He comprado un ensayo sobre Kafka, del Fondo de Cultura Económica. Ni siquiera lo he extraído de su envoltorio plástico. Pese a tratarse de un volumen de bolsillo, promete esconder entre sus páginas provechosa sustancia. La portada consta de un retrato del escritor con una alusión a los coleópteros de que trata el más popular de sus relatos. Porque la mayoría de los lectores del escritor checo se han aproximado hasta él a través de La Metamorfosis. Creo haber hecho alusión a mi particular experiencia en este mismo Blog. Contaba yo con quince años, y el pequeño ejemplar de Losada, traducido por Borges, me acompañaba bajo el pupitre del instituto. Tal veleidad no cayó en saco roto, pues ayudó a los profesores a esbozar mi perfil de alumno problemático. Fue un dardo a emplear, cuando mi padre fue a hablar con el profesorado tras mi renuncia a continuar los estudios. Yo pertenecía al grupo de los inadaptados, débil de carácter, presto a sucumbir bajo las dificultades de la vida. Los compañeros de clase no comprendían mi afición a la lectura, y hacían mofa del los primeros párrafos del relato. Creo que Kafka era si no el escritor apropiado si el más parejo a mi condición. ¿Un adolescente inseguro. tímido, que se sentía abandonado en un mundo hostil, incomprensible y sin respuestas, a qué otro confesor podía acudir si no aun alma gemela, igualmente desubicada en el cosmos, náufrago en el sinsentido de la existencia? Poco se diferenciaba Gregorio Sansa del joven Paquito Juliá, abrumado por los graves problemas de la vida, para él insolubles, y que no descartaba la posibilidad de que al despertar una mañana también se vería convertido en un escarabajo. Tal era su debilidad, que la vivencia cotidiana le suponía una carga y cualquier esfuerzo le llenaba de congoja. Con tal perspectiva no es extraño que cultivase cierta variedad de complejos, entre ellos el de inferioridad, pues se sentía insignificante ante las voluntades y certidumbres del mundo. No era raro, pues, que se sintiera en trance de ser aplastado como un escarabajo.
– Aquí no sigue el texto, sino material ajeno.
-- ===== src/Memory/CompletionQueue/Refine.antt =====
-- The completion queue of the data path is a bounded FIFO of completion entries.
use smart_nic.Base.{
  ℕ, List, refl, ◌<◌, get_or, length, ◌≢◌, ◌≡◌, Option, arith, ◌++◌, ◌∷◌, [], ◌^◌, ◌+◌,
  if◌then◌else◌, ◌≤◌, length-set, add32, ap, length-replicate, ◌%◌, suc, set, get_or-set_self,
  get_or-set_ne,
}
use smart_nic.Base.Lap.{lap, length-lap, lap-step, lap-write, mod-add-next, mod-add-skip}
use smart_nic.Memory.Doorbell.{Doorbell}
use smart_nic.Memory.Fifo
use smart_nic.Memory.CompletionQueue.{
  CompletionQueue, CompletionEntry, blank, init, post_completion, poll_completion, posted, polled,
  next_index, is_full, is_empty, notify,
}

-- A queue of 2^32 entries or more is outside: its counters are 32 bits wide.
pub record IsValid (q : CompletionQueue) : Type 0 where
  pub small : q.ring_size < 2 ^ 32
  pub nonempty : 0 < q.ring_size
  pub room : length q.entries ≡ q.ring_size
  pub producer_in : q.producer_index < q.ring_size
  pub consumer_in : q.consumer_index < q.ring_size
  pub count_in : q.count ≤ q.ring_size
  pub apart : q.producer_index ≡ (q.consumer_index + q.count) % q.ring_size

abbrev pub entry_at : CompletionQueue → ℕ → CompletionEntry
entry_at q i = get_or q.entries i blank

-- The completions posted and not yet polled, oldest first.
abbrev pub contents : CompletionQueue → List CompletionEntry
contents q = lap q.ring_size (entry_at q) q.consumer_index q.count

pub length-contents : (q : CompletionQueue) → length (contents q) ≡ q.count
length-contents q = length-lap q.ring_size (entry_at q) q.consumer_index q.count

next_index-exact :
    (q : CompletionQueue) (i : ℕ)
    → IsValid q
    → i < q.ring_size
    → next_index q i ≡ (i + 1) % q.ring_size
unfolding next_index
next_index-exact q i v h =
    let unwrapped : add32 i 1 ≡ i + 1 = omega arith in rw unwrapped (omega arith)

posted-IsValid :
    (q : CompletionQueue) (x : CompletionEntry)
    → IsValid q
    → q.count < q.ring_size
    → IsValid (posted q x)
unfolding posted next_index
posted-IsValid q x v h = ground (
  arith,
  mod-add-next q.ring_size q.consumer_index q.count,
  length-set q.entries q.producer_index x,
)

polled-IsValid : (q : CompletionQueue) → IsValid q → q.count ≢ 0 → IsValid (polled q)
unfolding polled next_index
polled-IsValid q v h = ground (arith, mod-add-skip q.ring_size q.consumer_index q.count)

posted-contents :
    (q : CompletionQueue) (x : CompletionEntry)
    → IsValid q
    → q.count < q.ring_size
    → contents (posted q x) ≡ contents q ++ (x ∷ [])
unfolding posted
posted-contents q x v h =
    let grown : add32 q.count 1 ≡ suc q.count = omega arith in
    rw grown (
      lap-write q.ring_size (entry_at q) (λ i. get_or (set q.entries q.producer_index x) i blank) x
        q.producer_index (get_or-set_self q.entries q.producer_index x blank (omega arith))
        (λ i hi ne. get_or-set_ne q.entries q.producer_index i x blank ne) q.consumer_index q.count
        v.consumer_in h v.apart)

polled-contents :
    (q : CompletionQueue)
    → IsValid q
    → q.count ≢ 0
    → contents q ≡ entry_at q q.consumer_index ∷ contents (polled q)
unfolding polled
polled-contents q v h =
    rw (next_index-exact q q.consumer_index v v.consumer_in)
      (lap-step q.ring_size (entry_at q) q.consumer_index q.count h)

contents-empty : (q : CompletionQueue) → q.count ≡ 0 → contents q ≡ []
contents-empty q h = ap (lap q.ring_size (entry_at q) q.consumer_index) h

-- Posting to a valid queue keeps it valid and does to its contents what offering the entry to a
-- FIFO of `ring_size` entries does, with the same answer; the doorbell is rung with the new
-- producer index exactly when the entry is accepted.
pub post_completion_refines :
    (q : CompletionQueue) (bell : Option Doorbell) (x : CompletionEntry)
    → IsValid q
    → let (ok, q', bell') = post_completion q bell x in
      ((ok, contents q') ≡ Fifo.offer q.ring_size (contents q) x)
      × IsValid q'
      × (bell' ≡ (
          if ok
          then notify bell (record { queue_id = q.queue_id; value = q'.producer_index })
          else bell))
unfolding post_completion is_full Fifo.offer
post_completion_refines q bell x v =
    ground (arith, length-contents q, posted-contents q x v, posted-IsValid q x v)

-- Polling a valid queue keeps it valid and answers as a poll of a FIFO does.
pub poll_completion_refines :
    (q : CompletionQueue)
    → IsValid q
    → let (x, q') = poll_completion q in ((x, contents q') ≡ Fifo.poll (contents q)) × IsValid q'
unfolding poll_completion is_empty Fifo.poll
poll_completion_refines q v =
    ground (arith, contents-empty q, polled-contents q v, polled-IsValid q v)

pub init-IsValid :
    (n queue_id : ℕ)
    → 0 < n
    → n < 2 ^ 32
    → IsValid (init n queue_id) × (contents (init n queue_id) ≡ [])
unfolding init
init-IsValid n queue_id h k = (ground (arith, length-replicate n blank), refl)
Hoy superados a trancas y barrancas los infortunios de la virtud y de la vida, rara vez releo a Kafka, entre otras cosas por eludir cualquier fantasma de ánimo depresivo. No hace poco recomencé la tribulación de Sansa, en ese mismo libro que me acompaña desde la adolescencia. Con Kafka se identifica cualquier hombre moderno, pues es paradigma de ese individuo resultado de la era postindustrial. Tras la revolución industrial el hombre perdió la unidad con el cosmos, se desvinculó de la naturaleza con la que guardaba relación de intimidad y cuyas leyes regían su conducta. Ese hombre desarraigado de su elemento natural, regido por unas leyes cuyo cumplimiento daban razón a la vivencia, se ve ahora por segunda vez arrojado del Paraíso, buscando como nuevo Caín a qué aferrarse para poder subsistir ante la incertidumbre que plantea el futuro. La nueva realidad ha quedado desfundamentada; tocará pues construir sobre un terreno inestable, el de la propia soledad y el de la conciencia escindida. Todo ha sido trastocado, los viejos dogmas ya no son concluyentes ni válidos. Impera un absurdo donde el hombre vaga perdido buscando la explicación en el misterio de ese castillo en cuyos pasadizos yerra y tras cuyas puertas nunca encontrará esa voz amable que lo tranquilice, que condescienda con él con un breve gesto compasivo. Porque el caos puede estar tan articulado como el cosmos. Y cualquier mañana podremos amanecer convertidos en escarabajos, despreciados e inmundos, sin hueco en el orden de los hombres comunes. Trataremos de reanudar la agenda cotidiana, pero el peso del caparazón nos lo impedirá. La vida del hombre postindustrial ha escapado de la certidumbre natural de la vigilia para extrañarse en la incongruencia del sueño. Acaso solo sea sueño el hombre industrial...
¿Qué será del hombre tecnológico?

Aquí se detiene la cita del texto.